Yazarlar/ressamlar alt başlığıyla piyasaya çıkan kitap iki bölümden oluşuyor. İlk bölümde yazarlar üzerinden sorgulamalarına devam ederken, ikinci bölümde bu işi ressamlar üzerinden sürdürüyor.
Albert Camus'dan Andre Breton'a, Celine'den Beckett'e, Sait Faik'ten Melih Cevdet'e, Demir Özlü'den Tahsin Yücel'e kadar birçok yazarı bize hatırlatan ilk bölümden, Bedri Rahmi'den Avni Arbaş'a, Füreya'dan Rembrandt'a, Jean Dubuffet'den Fikret Muallâ'ya ressamlar geçidi olan ikinci bölüme geçerken edebiyat-resim ortaklığını gözler önüne sermeye çalışıyor. 
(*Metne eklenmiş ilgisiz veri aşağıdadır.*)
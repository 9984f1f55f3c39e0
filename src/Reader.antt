-- ===== src/Reader.antt =====
-- What the services and ports of src/ share when they read a value: `exactRecord`, `canonicalArray`
-- and the tests on scalars, each of which answers `null` where it refuses. The definitions follow
-- src/authorization.ts; the other files have copies of them.
use agent_task_orchestrator.Base.{
  Text, String, ℕ, pos, Bool, true, false, not, ◌&&◌, List, Option, none, some, if◌then◌else◌, leb,
  ltb, ◌==◌, length, is_empty, includes, same, same→eq, arith, ◌≡◌, refl,
}
use agent_task_orchestrator.Domain.Value.{
  Value, Fields, only, count_fields, values, max_safe_integer,
}

-- `if (result === null) return null`, and the use of the result.
infixl 5 ◌>>=◌ ◌>>◌
abbrev pub ◌>>=◌ {ℓ κ} : {T : Type ℓ} {S : Type κ} → Option T → (T → Option S) → Option S
none >>= next = none
some value >>= next = next value

abbrev pub ◌>>◌ {ℓ} : {S : Type ℓ} → Option (Unit {0}) → Option S → Option S
tested >> rest = tested >>= λ _. rest

-- `if (!test) return null`
abbrev pub check : Bool → Option (Unit {0})
check false = none
check true = some tt

-- The runtime's dates: `date.toISOString() === value` for a date that is finite.
pub record Dates : Type 0 where
  pub is_iso : Text → Bool

-- `exactRecord`
unfoldable pub exact_record : Value → List String → Option Fields
exact_record (Value.object r) keys =
    if count_fields r == length keys && only keys r then some r else none
exact_record _ keys = none

-- `canonicalArray`
unfoldable pub canonical_array : Value → Option (List Value)
canonical_array (Value.array r) = some (values r)
canonical_array _ = none

-- `identifier`, of at most 128 code units.
unfoldable pub short_identifier : Value → Option Text
short_identifier (Value.string s) = if not (is_empty s) && leb (length s) 128 then some s else none
short_identifier _ = none

-- `domainIdentifier`
unfoldable pub domain_identifier : Value → Option Text
domain_identifier (Value.string s) = if is_empty s then none else some s
domain_identifier _ = none

-- `revision`
unfoldable pub revision : Value → Option ℕ
revision (Value.number (pos n)) = if ltb 0 n && leb n max_safe_integer then some n else none
revision _ = none

-- The test of `timestamp` on a text.
unfoldable pub is_timestamp : ⦃d : Dates⦄ → Text → Bool
is_timestamp ⦃d⦄ s = leb 20 (length s) && leb (length s) 40 && d.is_iso s

-- `timestamp`
unfoldable pub timestamp : ⦃d : Dates⦄ → Value → Option Text
unfolding is_timestamp
timestamp (Value.string s) = if is_timestamp s then some s else none
timestamp _ = none

-- `value === null || read(value)`
unfoldable pub or_null_by {ℓ} : {A : Type ℓ} → (Value → Option A) → Value → Option (Option A)
or_null_by read Value.null = some none
or_null_by read v = read v >>= λ a. some (some a)

pub or_null_by-null {ℓ} :
    {A : Type ℓ} (read : Value → Option A) → or_null_by read Value.null ≡ some none
unfolding or_null_by
or_null_by-null read = refl

pub or_null_by-string {ℓ} :
    {A : Type ℓ} (read : Value → Option A) (s : Text) (a : A)
    → read (Value.string s) ≡ some a
    → or_null_by read (Value.string s) ≡ some (some a)
unfolding or_null_by
or_null_by-string read s a h = rw h refl

-- `typeof value === "boolean"`
unfoldable pub truth_value : Value → Option Bool
truth_value (Value.boolean b) = some b
truth_value _ = none

-- `typeof value === "string" && list.includes(value)`
unfoldable pub one_of : List Text → Value → Option Text
one_of list (Value.string s) = if includes list s then some s else none
one_of list _ = none

-- `a ?? b`
abbrev pub or_else {ℓ} : {A : Type ℓ} → Option A → Option A → Option A
or_else none b = b
or_else (some a) b = some a

-- `===` between a value and a text or a number.
unfoldable pub equal_text : Text → Value → Option Text
equal_text t (Value.string s) = if same s t then some s else none
equal_text t _ = none

unfoldable pub equal_number : ℕ → Value → Option ℕ
equal_number n (Value.number (pos m)) = if m == n then some m else none
equal_number n _ = none

pub equal_text-eq : (t : Text) (v : Value) (s : Text) → equal_text t v ≡ some s → s ≡ t
unfolding equal_text
equal_text-eq t v s h = ground (arith, same→eq s t)

pub equal_number-eq : (n : ℕ) (v : Value) (m : ℕ) → equal_number n v ≡ some m → m ≡ n
unfolding equal_number
equal_number-eq n v m h = ground arith

-- What a chain that ends with a value has passed.
pub bind-some {ℓ κ} :
    {A : Type ℓ} {B : Type κ} (o : Option A) (next : A → Option B) (b : B)
    → (o >>= next) ≡ some b
    → (a : A) × (o ≡ some a) × (next a ≡ some b)
bind-some none next b h = absurd (cc)
bind-some (some a) next b h = (a, refl, h)

pub check-some {ℓ} :
    {B : Type ℓ} (test : Bool) (rest : Option B) (b : B)
    → (check test >> rest) ≡ some b
    → (test ≡ true) × (rest ≡ some b)
check-some true rest b h = (refl, h)
check-some false rest b h = absurd (cc)

pub some-eq {ℓ} : {A : Type ℓ} {a b : A} → some a ≡ some b → a ≡ b
some-eq e = ground arith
Cihat Burak üzerinden ressam-yazar sorgulaması yaparken şöyle diyor;
"Şairler, yazarlar arasında resim sanatına ilgi duyanların sayısı bir hayli fazladır. 19. yüzyılın büyük romantiği Victor Hugo'nun o şaşırtıcı, 20. yüzyılın lekeci ressamlarını kıskandıracak lavis'lerini, benim gibi, şiirlerine yeğleyenler bile vardır. İngiliz şair William Blake'in, İsveçli oyun yazarı Strindberg'in yağlıboyaları, Antonin Artaud'nun öz-portreleri, sözcükler biter gibi olduğunda görsel imlere, imgelere sığınan Henri Michaux... İşte, yazarlar, şairler arasında ressam niteliğiyle de ortaya çıkan sanatçılardan ilk aklıma gelenler. Tabii, Baudelaire'in desenleri var, çağdaşlardan Günther Grass'ın illüstrasyonları; bizden Metin Eloğlu'nun, Oktay Rifat'ın, İlhan Berk'in resimleri.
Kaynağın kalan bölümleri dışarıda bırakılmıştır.